Излюбленной темой среди мужчин было происхождение института шотландских баронов — этот титул получали мелкие землевладельцы в основном из горных районов, подчинявшиеся непосредственно шотландской короне. Скотт приводил в пример «барона Кинкливена, владеющего паромом через речку Тэй и дюжиной акров земли, кои были пожалованы его предку за то, что тот верноподданнейше взял на себя ветры, пущенные Марией Стюарт; этот маленький грех случился с ней в ту минуту, когда она перебиралась с берега в лодку. Наш лодочник выступил вперед и принес всем присутствующим извинения. Сей знак вежливости пришелся весьма по душе королеве, которая тут же осведомилась: «Чей ты слуга?» Узнав, что он арендатор или виллан графа Мара, королева попросила своего родича Джока Мара даровать ему свободу, более того, — произвести его в упомянутое звание, каковое граф ему, соответственно, и пожаловал».

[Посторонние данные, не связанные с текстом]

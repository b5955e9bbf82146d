-- ===== src/Demo/NodeStore/Restart.antt =====
-- presidium-demo/src/store.rs and session.rs: a node that is started again has the same identity, and goes
-- on with the sessions that it persisted.
use presidium.Base.{ℕ, ◌≡◌, refl, false, some, [], length, ok, arith, inl, inr, Option-cases}
use presidium.Crypto.Constants.{Bytes}
use presidium.Crypto.Primitives.{Json, JsonLaws}
use presidium.Crypto.Keys.{SessionKeys}
use presidium.Crypto.Identity.{
  IdentityKeyPair, IdentityPublicKey, from_seed, generate_identity, seeds,
}
use presidium.Network.Topics.{Hex}
use presidium.Storage.SessionState.{
  RatchetSnapshot, SessionState, from_ratchet, to_ratchet, to_ratchet-from_ratchet,
}
use presidium.Storage.Sqleet.{has_nul}
use presidium.Storage.Texts.{TextLaws}
use presidium.Storage.Tables.{Database}
use presidium.Storage.Store.{save_identity, load_identity}
use presidium.Storage.Store.Stored.{HasConversation, save_session_cases}
use presidium.Demo.Session.{ChatSession}
use presidium.Demo.NodeStore.{
  IdentityDraws, load_or_create_identity, session_id, rebuild_ratchet, resume_state, persist,
  resume, save_session, load_session,
}

-- The random seeds have the sizes of the source.
abbrev pub HasSeedSizes : IdentityDraws → Type 0
HasSeedSizes draws = (length draws.classical_seed ≡ 32) × (length draws.pq_seed ≡ 32)

-- A node that was started once is, whatever it draws later, started again with the identity and the device
-- id of its first start, and its database is left alone.
pub load_or_create_identity_again :
    ⦃h : Hex⦄ (draws later : IdentityDraws) (db : Database) (identity : IdentityKeyPair)
    (device_id : Bytes)
    → HasSeedSizes draws
    → (load_or_create_identity draws db).1 ≡ ok (identity, device_id)
    → load_or_create_identity later (load_or_create_identity draws db).0
      ≡ ((load_or_create_identity draws db).0, ok (identity, device_id))
unfolding load_or_create_identity load_identity save_identity generate_identity seeds from_seed
load_or_create_identity_again draws later db identity device_id (hc, hp) e =
    elim (Option-cases db.identity) [
      | inl new ↦ ground (arith, e, new, hc, hp)
      | inr (r, old) ↦ ground (arith, e, old)
    ]

-- What `persist` and `resume` rely on: the ratchet has the session id and no associated data, the peer of
-- the session is that of its keys, and the conversation id has no NUL byte.
abbrev pub IsResumable : ChatSession → Type 0
IsResumable session =
    (session.ratchet.session_id ≡ session_id)
    × (session.ratchet.associated_data ≡ [])
    × (session.session_keys.peer_identity ≡ session.peer_identity)
    × (has_nul session.conversation_id ≡ false)

module _ ⦃keys_json : Json (SessionKeys IdentityPublicKey)⦄ ⦃ratchet_json : Json RatchetSnapshot⦄
    (keys_laws : JsonLaws keys_json) (ratchet_laws : JsonLaws ratchet_json)
    (keys_texts : TextLaws keys_laws) (ratchet_texts : TextLaws ratchet_laws) where
  -- A session of which `IsResumable` holds can be persisted in a database with its conversation, and is then
  -- resumed as it was.
  pub resume-persist :
      (now : ℕ) (session : ChatSession) (db : Database)
      → IsResumable session
      → HasConversation session.conversation_id db
      → (db' : Database) × (persist now session db ≡ ok db')
        × (resume session.conversation_id db' ≡ ok (some session))
  unfolding persist resume save_session load_session rebuild_ratchet resume_state
  resume-persist now session db (is_session, no_data, same_peer, named) owned =
      let state : SessionState = record {
        is_initiator = session.is_initiator;
        session_keys = session.session_keys;
        ratchet = some (from_ratchet session.ratchet);
        last_used = now;
      } in
      let rebuilt : to_ratchet (from_ratchet session.ratchet) session_id [] ≡ ok session.ratchet =
        rw (← is_session, ← no_data) (to_ratchet-from_ratchet session.ratchet) in
      elim (save_session_cases keys_laws ratchet_laws keys_texts ratchet_texts
        session.conversation_id state db) [
          | inr (inl (nul, refused)) ↦ absurd (ground (arith, nul, named))
          | inr (inr (absent, refused)) ↦ absurd (ground (arith, absent, owned))
          | inl (_, _, (db', saved, loaded, _)) ↦
              (db', rw saved refl, rw (loaded, rebuilt) (rw same_peer refl))
        ]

Скотт ко всем умел найти подход — пленял женщин чувствительными пустячками, развлекал мужчин солеными анекдотами и баловал детишек романтической чепухой. В июне 1825 года он опубликовал первое после «Ред-гонтлета» произведение — «Повести о крестоносцах», предназначавшееся, судя по всему, исключительно для мальчиков. Первый роман, «Обрученные», писался, видимо, в полусонном, если не в коматозном состоянии и па конкурсе наискучнейших и наибестолковейших книг, созданных людьми гениальными, завоевал бы одно из призовых мест. Во втором, «Талисмане», больше действия, но такого, что опускаются руки. Персонажи изъясняются до смешного высокопарно, эпизоды — словно поделка невзыскательного драматурга, который стремится возместить недостаток воображения преизбытком ходульного пафоса, а в результате предлагает нам кукольную мелодраму взамен драмы человеческих страстей. В обоих романах действуют равно нелепые сверхмужественные мужчины и сверхдобродетельные женщины, имеются переодевания, привидения, стандартные «злодеи», и над всем этим царит дух рисованных задников и театральной бутафорской. Верность долгу, вознагражденная отвага, гнусный мерзавец и выследивший его благородный пес — романы состоят из таких и подобных ухищрений, граничащих с чудесами; а задира рыцарь из «Талисмана», Ричард Львиное Сердце, на долгие годы стал любимым героем мальчишек школьного возраста. Впрочем, на чтиво, как и на все остальное, мода меняется, и в наше время скорее всего герой с сердцем льва уступил место герою с «душой» машины.